Fulfills pre-20th century course requirement and counts as a British period course.

English 576: Advance Studies in the Graphic Novel

Darren DeFrain

CRN 24589

Online

ENGL 576 introduces students to visual linguistics and employs trauma theory and other critical approaches to graphic narratives. This course will explore important, enriching ways graphic narratives are fundamentally different than text-only novels. Students need not have taken ENGL 377 to enroll in ENGL 576, but may need special clearance without it. Fulfills elective course requirement.

English 580AI: Special Topics—Visual Rhetoric and Multimodal Composition

Carrie Dickison

CRN TBD

W 4:30-6:50pm

This course is designed to introduce you to two separate but often related subfields of rhetoric and composition: visual rhetoric and multimodal composition. Visual rhetoric is the art of using images to inform or persuade one’s audience. Multimodal composition is the incorporation of multimodality (literally, more than one mode) into what is regarded as the traditional skill of writing: static text on a page. Practical knowledge of visual rhetoric is necessary in order to achieve successful multimodal composing. This course will introduce you to the fundamentals of visual argumentation, including document design (e.g., layout, headings, typography, photos, illustrations, charts, tables, and graphs), for a variety of audiences and contexts. It will situate these rhetorical concepts in the backdrop of multimodal composing, connecting theoretical concepts to real-world writing situations. Graduate students will also consider how these concepts can be integrated with the day-to-day practicalities of teaching writing. Fulfills elective course requirement.

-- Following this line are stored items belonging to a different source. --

-- ===== src/Zconfig.antt =====
-- What zproto_example_zpl and zproto_example_new_zpl use of CZMQ besides `Czmq`: the tree of
-- configuration items, as one store that all items stand in, and text and frame forms of the
-- containers. The laws are what the documentation promises; of a path they tell only for a path
-- of one name.
pub mod Puts
use zproto.Base.{
  ℕ, ◌≡◌, ◌≢◌, Option, none, some, Bool, true, false, not, ◌&&◌, ◌==◌, List, [], ◌∷◌, ◌++◌, All,
}
use zproto.Base.{same_bytes, lookup, if◌then◌else◌}
use mathlib.Core.Option
use mathlib.Core.List.{map}
use Prim.Native.Char.{code}
use Prim.Native.String.{String}
use zproto.CharArray.{Bytes, c_string}
use zproto.Czmq.{Czmq, IsCString, IsCPair}

-- The characters of a literal.
abbrev pub codes : String → Bytes
codes String.[] = []
codes (String.◌∷◌ c s) = code c ∷ codes s

abbrev pub has_slash : Bytes → Bool
has_slash [] = false
has_slash (c ∷ s) = if c == b'/' then true else has_slash s

abbrev pub is_nil : Bytes → Bool
is_nil [] = true
is_nil (c ∷ s) = false

-- A path of one name: no slash in it, and not empty.
abbrev pub IsName : Bytes → Type 0
IsName n = (has_slash n ≡ false) × (is_nil n ≡ false) × IsCString n

pub record Zconfig (z : Czmq) : Type 1 where
  pub Tree : Type 0
  pub Item : Type 0
  -- The item has been made. `entries` is the name and the value of each child, as zconfig_child
  -- and then zconfig_next go through them.
  pub Live : Tree → Item → Type 0
  pub entries : Tree → Item → List (Bytes × Bytes)
  pub zconfig_new : Tree → Bytes → Option Item → Item × Tree
  pub zconfig_put : Tree → Item → Bytes → Bytes → Tree
  pub zconfig_get : Tree → Item → Bytes → Option Bytes
  pub zconfig_locate : Tree → Item → Bytes → Option Item
  pub get-entries :
      (t : Tree) (i : Item) (n : Bytes)
      → Live t i
      → IsName n
      → zconfig_get t i n ≡ lookup n (entries t i)
  pub locate-entries :
      (t : Tree) (i : Item) (n : Bytes)
      → Live t i
      → IsName n
      → lookup n (entries t i) ≡ none
      → zconfig_locate t i n ≡ none
  -- zconfig_new makes an item with no children, and puts it last among the parent's.
  pub new-Live :
      (t : Tree) (n : Bytes) (p : Option Item) → Live (zconfig_new t n p).1 (zconfig_new t n p).0
  pub new-entries :
      (t : Tree) (n : Bytes) (p : Option Item)
      → entries (zconfig_new t n p).1 (zconfig_new t n p).0 ≡ []
  pub new-fresh :
      (t : Tree) (n : Bytes) (p : Option Item) (j : Item)
      → Live t j
      → Live (zconfig_new t n p).1 j × (j ≢ (zconfig_new t n p).0)
  pub new-parent :
      (t : Tree) (n : Bytes) (p : Item)
      → Live t p
      → IsCString n
      → entries (zconfig_new t n (some p)).1 p ≡ entries t p ++ (n, []) ∷ []
  pub new-locate :
      (t : Tree) (n : Bytes) (p : Item)
      → Live t p
      → IsName n
      → lookup n (entries t p) ≡ none
      → zconfig_locate (zconfig_new t n (some p)).1 p n ≡ some (zconfig_new t n (some p)).0
  pub new-locate_kept :
      (t : Tree) (n : Bytes) (p : Option Item) (j c : Item) (m : Bytes)
      → Live t j
      → zconfig_locate t j m ≡ some c
      → zconfig_locate (zconfig_new t n p).1 j m ≡ some c
  pub new-other :
      (t : Tree) (n : Bytes) (p : Option Item) (j : Item)
      → Live t j
      → p ≢ some j
      → entries (zconfig_new t n p).1 j ≡ entries t j
  -- zconfig_put with a new name puts a child last; it changes nothing elsewhere.
  pub put-Live :
      (t : Tree) (i : Item) (n v : Bytes) (j : Item) → Live t j → Live (zconfig_put t i n v) j
  pub put-entries :
      (t : Tree) (i : Item) (n v : Bytes)
      → Live t i
      → IsName n
      → lookup n (entries t i) ≡ none
      → entries (zconfig_put t i n v) i ≡ entries t i ++ (n, c_string v) ∷ []
  pub put-other :
      (t : Tree) (i : Item) (n v : Bytes) (j : Item)
      → Live t i
      → Live t j
      → IsName n
      → j ≢ i
      → entries (zconfig_put t i n v) j ≡ entries t j
  pub put-locate_kept :
      (t : Tree) (i : Item) (n v : Bytes) (j c : Item) (m : Bytes)
      → Live t i
      → Live t j
      → zconfig_locate t j m ≡ some c
      → zconfig_locate (zconfig_put t i n v) j m ≡ some c
  -- Containers: zhash_update replaces the item of a key that is there.
  pub zhash_update : z.ZHash → Bytes → Bytes → z.ZHash
  pub lookup-update :
      (h : z.ZHash) (k v j : Bytes)
      → z.zhash_lookup (zhash_update h k v) j
        ≡ (if same_bytes (c_string k) j then some (c_string v) else z.zhash_lookup h j)
  pub zframe_new : Bytes → z.ZFrame
  pub frame_data-new : (bs : Bytes) → z.zframe_data (zframe_new bs) ≡ bs
  pub zuuid_new : z.ZUuid
  pub zuuid_str : z.ZUuid → Bytes
  pub zuuid_set_str : z.ZUuid → Bytes → z.ZUuid
  pub uuid_str-text : (u : z.ZUuid) → IsCString (zuuid_str u)
  pub uuid_data-set_str :
      (u v : z.ZUuid) → z.zuuid_data (zuuid_set_str u (zuuid_str v)) ≡ z.zuuid_data v
  -- A message in one frame, and back; NULL for a frame that is none.
  pub zmsg_encode : z.ZMsg → z.ZFrame
  pub zmsg_decode : z.ZFrame → Option z.ZMsg
  pub decode-encode :
      (m : z.ZMsg) (f : z.ZFrame)
      → z.zframe_data f ≡ z.zframe_data (zmsg_encode m)
      → Option.map (λ m'. map z.zframe_data (z.zmsg_frames m')) (zmsg_decode f)
        ≡ some (map z.zframe_data (z.zmsg_frames m))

English 680: Theory and Practice in Composition

Melinda DeFrain

CRN  22656

Online

Course description TBD. Fulfills elective course requirement.

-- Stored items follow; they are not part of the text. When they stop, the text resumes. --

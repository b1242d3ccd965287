-- ===== src/Hex.antt =====
-- The hexadecimal macros of src/zproto_example.c, BYTES_FROM_STR and STR_FROM_BYTES, which the
-- configuration format uses.
pub mod RoundTrip
pub mod Strings
use zproto.Base.{
  ℕ, ◌+◌, ◌-◌, ◌*◌, ◌/◌, ◌%◌, ◌^◌, Bool, ◌&&◌, ◌||◌, Option, none, some, List, [], ◌∷◌,
}
use zproto.Base.{◌==◌, ltb, leb, if◌then◌else◌, length}
use zproto.CharArray.{Bytes, c_string, strlen}

-- The value of a hexadecimal digit.
unfoldable pub hex_digit : ℕ → Option ℕ
hex_digit c =
    if leb 48 c && leb c 57
    then some (c - 48)
    else if leb 97 c && leb c 102
    then some (c - 87)
    else if leb 65 c && leb c 70
    then some (c - 55)
    else none

-- isspace
abbrev pub is_space : ℕ → Bool
is_space c = (leb 9 c && leb c 13) || c == 32

abbrev pub negated : Option ℕ → Option ℕ
negated none = none
negated (some v) = some ((2 ^ 32 - v) % 2 ^ 32)

abbrev pub two_digits : Option ℕ → Option ℕ → Option ℕ
two_digits none low = none
two_digits (some high) none = some high
two_digits (some high) (some low) = some (high * 16 + low)

-- sscanf (buff, "%x", &uint) on the two characters of `buff`, neither of them NUL; `none` where
-- nothing is assigned. The prefix 0x with no digit behind it counts as that.
unfoldable pub scan_hex : ℕ → ℕ → Option ℕ
scan_hex c d =
    if is_space c || c == 43
    then hex_digit d
    else if c == 45
    then negated (hex_digit d)
    else if c == 48 && (d == 120 || d == 88)
    then none
    else two_digits (hex_digit c) (hex_digit d)

-- The macro assigns a block; returns NULL from the function that it stands in; ends the program by
-- its assert; or uses `uint` without a value, which is undefined.
pub data Parsed : Type 0 where
  bytes : Bytes → Parsed
  null aborted undefined : Parsed

-- assert (uint <= 0xff); mem [i] = uint; and what the rest of the loop does.
unfoldable pub store_byte : Option ℕ → Parsed → Parsed
store_byte none rest = undefined
store_byte (some uint) rest = if ltb 255 uint then aborted else elim rest [
  | bytes mem ↦ bytes (uint ∷ mem)
  | null ↦ null
  | aborted ↦ aborted
  | undefined ↦ undefined
]

-- The loop over the pairs of characters.
unfoldable pub parse_pairs : Bytes → Parsed
parse_pairs [] = bytes []
parse_pairs (c ∷ []) = bytes []
parse_pairs (c ∷ d ∷ str) = store_byte (scan_hex c d) (parse_pairs str)

-- BYTES_FROM_STR
unfoldable pub bytes_from_str : Option Bytes → Parsed
bytes_from_str none = null
bytes_from_str (some str) = if strlen str % 2 == 0 then parse_pairs (c_string str) else null

-- A digit as "%x" prints it.
unfoldable pub digit_char : ℕ → ℕ
digit_char v = if ltb v 10 then 48 + v else 87 + v

abbrev pub printed : ℕ → Option Bytes → Option Bytes
printed b none = none
printed b (some rest) = some (digit_char (b / 16) ∷ digit_char (b % 16) ∷ rest)

-- The loop of sprintf (aux, "%02x", mem [i]), which writes two characters and a NUL; `room` is the
-- number of bytes from `aux` to the end of the block, and a write past it is a fault.
unfoldable pub print_bytes : ℕ → Bytes → Option Bytes
print_bytes room [] = some []
print_bytes room (b ∷ mem) =
    let rest = print_bytes (room - 2) mem in if ltb room 3 then none else printed b rest

-- STR_FROM_BYTES: the C string in the block of 2 * len + 1 bytes.
unfoldable pub str_from_bytes : Bytes → Option Bytes
str_from_bytes mem = print_bytes (2 * length mem + 1) mem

Engl 722: Seminar in Renaissance Literature—Editing Early Modern England: Shakespeare and Marlowe

Fran Connor

CRN 26489

R 4:30-6:50pm

Fundamentally, this class analyzes a selection of poetry and drama from two of the major literary figures of Elizabethan and Jacobean England, William Shakespeare and Christopher Marlowe, through the perspectives of textual theory and the history of the book. Practically, in addition to the close and cultural readings expected from literature classes, we’ll get in the trenches and edit texts from both authors. We’ll get a crash course in editorial theory, learn about the history of printing, think about books as expressive forms, talk about the concept of ‘error’, and propose solutions for the many problems that appear in the literary works we read. We’ll do a bit of paleography, think about how the materiality of theatre influences texts, and consider the notion of whether a text is ever (or can be) final.

Expect a good amount of collaborative and hands-on, in-class work. Though we will be working with early modern texts and authors, the ideas and skills you’ll learn here are broadly applicable–every author needs a critical editor!

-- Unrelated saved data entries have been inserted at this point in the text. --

-- ===== src/Decimal.antt =====
-- The C library's decimal conversions, as zproto_example_zpl and zproto_example_new_zpl use them:
-- printf of "%ld" and "%zu", and strtoll in base 10. A long and a long long have 64 bits; a value
-- is its bit pattern, so 2 ^ 64 - 1 is -1.
pub mod RoundTrip
use zproto.Base.{
  ℕ, zero, suc, ◌+◌, ◌-◌, ◌*◌, ◌/◌, ◌%◌, ◌^◌, Bool, ◌&&◌, ◌||◌, Option, none, some, [], ◌∷◌, ◌++◌,
}
use zproto.Base.{ltb, leb, ◌==◌, if◌then◌else◌}
use zproto.CharArray.{Bytes}
use zproto.Hex.{is_space}

-- The digits of `n`; the first number bounds how many there are.
unfoldable pub print_digits : ℕ → ℕ → Bytes
print_digits zero n = []
print_digits (suc f) n =
    let front = print_digits f (n / 10) in (if ltb n 10 then [] else front) ++ (48 + n % 10) ∷ []

-- "%zu" of a number below 2 ^ 64, which has at most 20 digits.
unfoldable pub print_unsigned : ℕ → Bytes
print_unsigned n = print_digits 20 n

-- "%ld"
unfoldable pub print_long : ℕ → Bytes
print_long n = if ltb n (2 ^ 63) then print_unsigned n else b'-' ∷ print_unsigned (2 ^ 64 - n)

abbrev pub is_digit : ℕ → Bool
is_digit c = leb 48 c && leb c 57

-- The number that the digits in front spell behind `value`, and what follows them.
unfoldable pub scan_digits : Bytes → ℕ → ℕ × Bytes
scan_digits [] value = (value, [])
scan_digits (c ∷ s) value =
    let rest = scan_digits s (value * 10 + (c - 48)) in if is_digit c then rest else (value, c ∷ s)

-- At least one digit.
unfoldable pub magnitude : Bytes → Option (ℕ × Bytes)
magnitude [] = none
magnitude (c ∷ s) = if is_digit c then some (scan_digits (c ∷ s) 0) else none

unfoldable pub skip_spaces : Bytes → Bytes
skip_spaces [] = []
skip_spaces (c ∷ s) = let rest = skip_spaces s in if is_space c then rest else c ∷ s

-- Values out of range are LLONG_MAX and LLONG_MIN.
abbrev pub positive : ℕ × Bytes → ℕ × Bytes
positive (v, rest) = (if ltb v (2 ^ 63) then v else 2 ^ 63 - 1, rest)

abbrev pub negative : ℕ × Bytes → ℕ × Bytes
negative (v, rest) = ((2 ^ 64 - (if ltb v (2 ^ 63) then v else 2 ^ 63)) % 2 ^ 64, rest)

abbrev pub or_nothing : Option (ℕ × Bytes) → Bytes → (ℕ × Bytes → ℕ × Bytes) → ℕ × Bytes
or_nothing none s sign = (0, s)
or_nothing (some found) s sign = sign found

-- The optional sign and the digits in `t`; `s` is where the string begins.
unfoldable pub scan_signed : Bytes → Bytes → ℕ × Bytes
scan_signed s [] = (0, s)
scan_signed s (c ∷ t) =
    if c == b'-'
    then or_nothing (magnitude t) s negative
    else if c == b'+'
    then or_nothing (magnitude t) s positive
    else or_nothing (magnitude (c ∷ t)) s positive

-- strtoll (s, &es, 10): the value, and the string at `es`.
unfoldable pub strtoll : Bytes → ℕ × Bytes
strtoll s = scan_signed s (skip_spaces s)
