-- ===== src/Zpl.antt =====
-- zproto_example_zpl of src/zproto_example.c: the message as a tree of configuration items.
pub mod Header
pub mod Fields
pub mod Aliases
pub mod SubItem
pub mod Structures
use zproto.Base.{ℕ, suc, ◌+◌, Option, none, some, List, [], ◌∷◌}
use zproto.CharArray.{Bytes, c_string}
use zproto.Czmq.{Czmq}
use zproto.Zconfig.{Zconfig, codes}
use zproto.Example.{Example, switch}
use zproto.Hex.{str_from_bytes}
use zproto.Decimal.{print_long, print_unsigned}

-- What a block of statements comes to: its result, a failed assertion of CZMQ on a container that is
-- NULL, or a write past a block.
pub data Wrote (A : Type 0) : Type 0 where
  wrote : A → Wrote A
  asserted past_block : Wrote A

module _ ⦃z : Czmq⦄ ⦃c : Zconfig z⦄ where
  -- A block of statements over the store of items.
  abbrev pub Write : Type 0 → Type 0
  Write A = c.Tree → Wrote (A × c.Tree)

  abbrev pub continue : {A B : Type 0} → Wrote (A × c.Tree) → (A → Write B) → Wrote (B × c.Tree)
  continue asserted f = asserted
  continue past_block f = past_block
  continue (wrote (a, t)) f = f a t

  infixl 5 ◌>>=◌ ◌>>◌
  abbrev pub ◌>>=◌ : {A B : Type 0} → Write A → (A → Write B) → Write B
  ◌>>=◌ m f t = continue (m t) f

  abbrev pub ◌>>◌ : {B : Type 0} → Write (Unit {0}) → Write B → Write B
  m >> k = m >>= λ _. k

  abbrev pub pure : {A : Type 0} → A → Write A
  pure a t = wrote (a, t)

  abbrev pub new_item : Bytes → Option c.Item → Write c.Item
  new_item name parent t = wrote (c.zconfig_new t name parent)

  -- zconfig_put, and zconfig_putf with the value that it has formatted.
  abbrev pub put : c.Item → Bytes → Bytes → Write (Unit {0})
  put item name value t = wrote (tt, c.zconfig_put t item name value)

  -- STR_FROM_BYTES of the memory of a container, zconfig_putf (item, name, "%s", hex)
  unfoldable pub put_hex : c.Item → Bytes → Bytes → Write (Unit {0})
  put_hex item name mem t = elim (str_from_bytes mem) [
    | none ↦ past_block
    | some hex ↦ wrote (tt, c.zconfig_put t item name hex)
  ]

  -- A container that the functions of CZMQ assert to be there.
  abbrev pub demand : {A : Type 0} → Option A → Write A
  demand none t = asserted
  demand (some a) t = wrote (a, t)

  unfoldable pub put_routing_id : c.Item → Option z.ZFrame → Write (Unit {0})
  put_routing_id root none = pure tt
  put_routing_id root (some frame) = put_hex root (codes "routing_id") (z.zframe_data frame)

  -- The beginning that all four cases share, up to the item for the content.
  unfoldable pub put_message : c.Item → Bytes → Example z → Write c.Item
  put_message root message self = do
    put root (codes "message") message
    put_routing_id root self.routing_id
    new_item (codes "content") (some root)

  unfoldable pub put_text : c.Item → Option Bytes → Write (Unit {0})
  put_text config none = pure tt
  put_text config (some text) = put config (codes "data") (c_string text)

  unfoldable pub zpl_log : c.Item → Example z → Write (Unit {0})
  zpl_log config self = do
    put config (codes "sequence") (print_long self.sequence)
    put config (codes "version") (codes "3")
    put config (codes "level") (print_long self.level)
    put config (codes "event") (print_long self.event)
    put config (codes "node") (print_long self.node)
    put config (codes "peer") (print_long self.peer)
    put config (codes "time") (print_long self.time)
    put config (codes "host") (c_string self.host)
    put_text config self.text

  -- The loop over zlist_first, zlist_next; the keys count from `i`.
  unfoldable pub put_aliases : c.Item → ℕ → List Bytes → Write (Unit {0})
  put_aliases strings i [] = pure tt
  put_aliases strings i (alias ∷ rest) =
      put strings (print_unsigned i) alias >> put_aliases strings (i + 1) rest

  unfoldable pub zpl_aliases : c.Item → Option z.ZList → Write (Unit {0})
  zpl_aliases config none = pure tt
  zpl_aliases config (some list) = do
    strings ← new_item (codes "aliases") (some config)
    put_aliases strings 0 (z.zlist_items list)

  -- The loop over zhash_first, zhash_next.
  unfoldable pub put_headers : c.Item → List (Bytes × Bytes) → Write (Unit {0})
  put_headers hash [] = pure tt
  put_headers hash ((key, item) ∷ rest) = put hash key item >> put_headers hash rest

  unfoldable pub zpl_headers : c.Item → Option z.ZHash → Write (Unit {0})
  zpl_headers config none = pure tt
  zpl_headers config (some headers) = do
    hash ← new_item (codes "headers") (some config)
    put_headers hash (z.zhash_items headers)

  unfoldable pub zpl_structures : c.Item → Example z → Write (Unit {0})
  zpl_structures config self = do
    put config (codes "sequence") (print_long self.sequence)
    zpl_aliases config self.aliases
    zpl_headers config self.headers

  unfoldable pub put_identifier : c.Item → Option z.ZUuid → Write (Unit {0})
  put_identifier config none = pure tt
  put_identifier config (some uuid) = put config (codes "identifier") (c.zuuid_str uuid)

  -- With CZMQ 4, whose zmsg_encode returns a frame.
  unfoldable pub zpl_binary : c.Item → Example z → Write (Unit {0})
  zpl_binary config self = do
    put config (codes "sequence") (print_long self.sequence)
    put_hex config (codes "flags") self.flags
    public_key ← demand self.public_key
    put_hex config (codes "public_key") (z.zchunk_data public_key)
    put_identifier config self.identifier
    address ← demand self.address
    put_hex config (codes "address") (z.zframe_data address)
    content ← demand self.content
    put_hex config (codes "content") (z.zframe_data (c.zmsg_encode content))

  unfoldable pub zpl_types : c.Item → Example z → Write (Unit {0})
  zpl_types config self = do
    put config (codes "sequence") (print_long self.sequence)
    put config (codes "client_forename") (c_string self.client_forename)
    put config (codes "client_surname") (c_string self.client_surname)
    put config (codes "client_mobile") (c_string self.client_mobile)
    put config (codes "client_email") (c_string self.client_email)
    put config (codes "supplier_forename") (c_string self.supplier_forename)
    put config (codes "supplier_surname") (c_string self.supplier_surname)
    put config (codes "supplier_mobile") (c_string self.supplier_mobile)
    put config (codes "supplier_email") (c_string self.supplier_email)

  -- One case: the common beginning, and the fields.
  unfoldable pub zpl_case :
      c.Item → Bytes → Example z → (c.Item → Example z → Write (Unit {0})) → Write (Unit {0})
  zpl_case root message self fields = do config ← put_message root message self; fields config self

  unfoldable pub zpl_body : ℕ → c.Item → Example z → Write (Unit {0})
  zpl_body id root self =
      switch id (zpl_case root (codes "ZPROTO_EXAMPLE_LOG") self zpl_log)
        (zpl_case root (codes "ZPROTO_EXAMPLE_STRUCTURES") self zpl_structures)
        (zpl_case root (codes "ZPROTO_EXAMPLE_BINARY") self zpl_binary)
        (zpl_case root (codes "ZPROTO_EXAMPLE_TYPES") self zpl_types) (pure tt)

  unfoldable pub zpl : Example z → Option c.Item → Write c.Item
  zpl self parent = do
    root ← new_item (codes "zproto_example") parent
    zpl_body self.id root self
    pure root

Expect to focus on the following literary texts:

Shakespeare:        

Romeo and Juliet (Q1 and Q2, most conveniently found in Jill Levenson’s OUP edition)

2 Henry IV (the folio text, but you may want to acquire a traditional version to use as a trot)

Selections from Shakespeare’s Sonnets and The Passionate Pilgrim

Marlowe:   

Doctor Faustus (A- and B-text versions)

The Jew of Malta

Hero and Leander

Shakespeare(?) and/or Marlowe?: ‘The Passionate Shepherd To His Love’

I would strongly recommend reading both Romeos before the start of class, and there may be some other preliminary reading. Expect the class to be fully in-person. Feel free to contact me with any questions about the class. Fulfills pre-20th century course requirement and counts as a British period course.

Engl 733: Seminar in Contemporary Literature

TJ Boynton

CRN 26234

M 4:30-6:50pm

Course description TBD. Fulfills post-20th century course.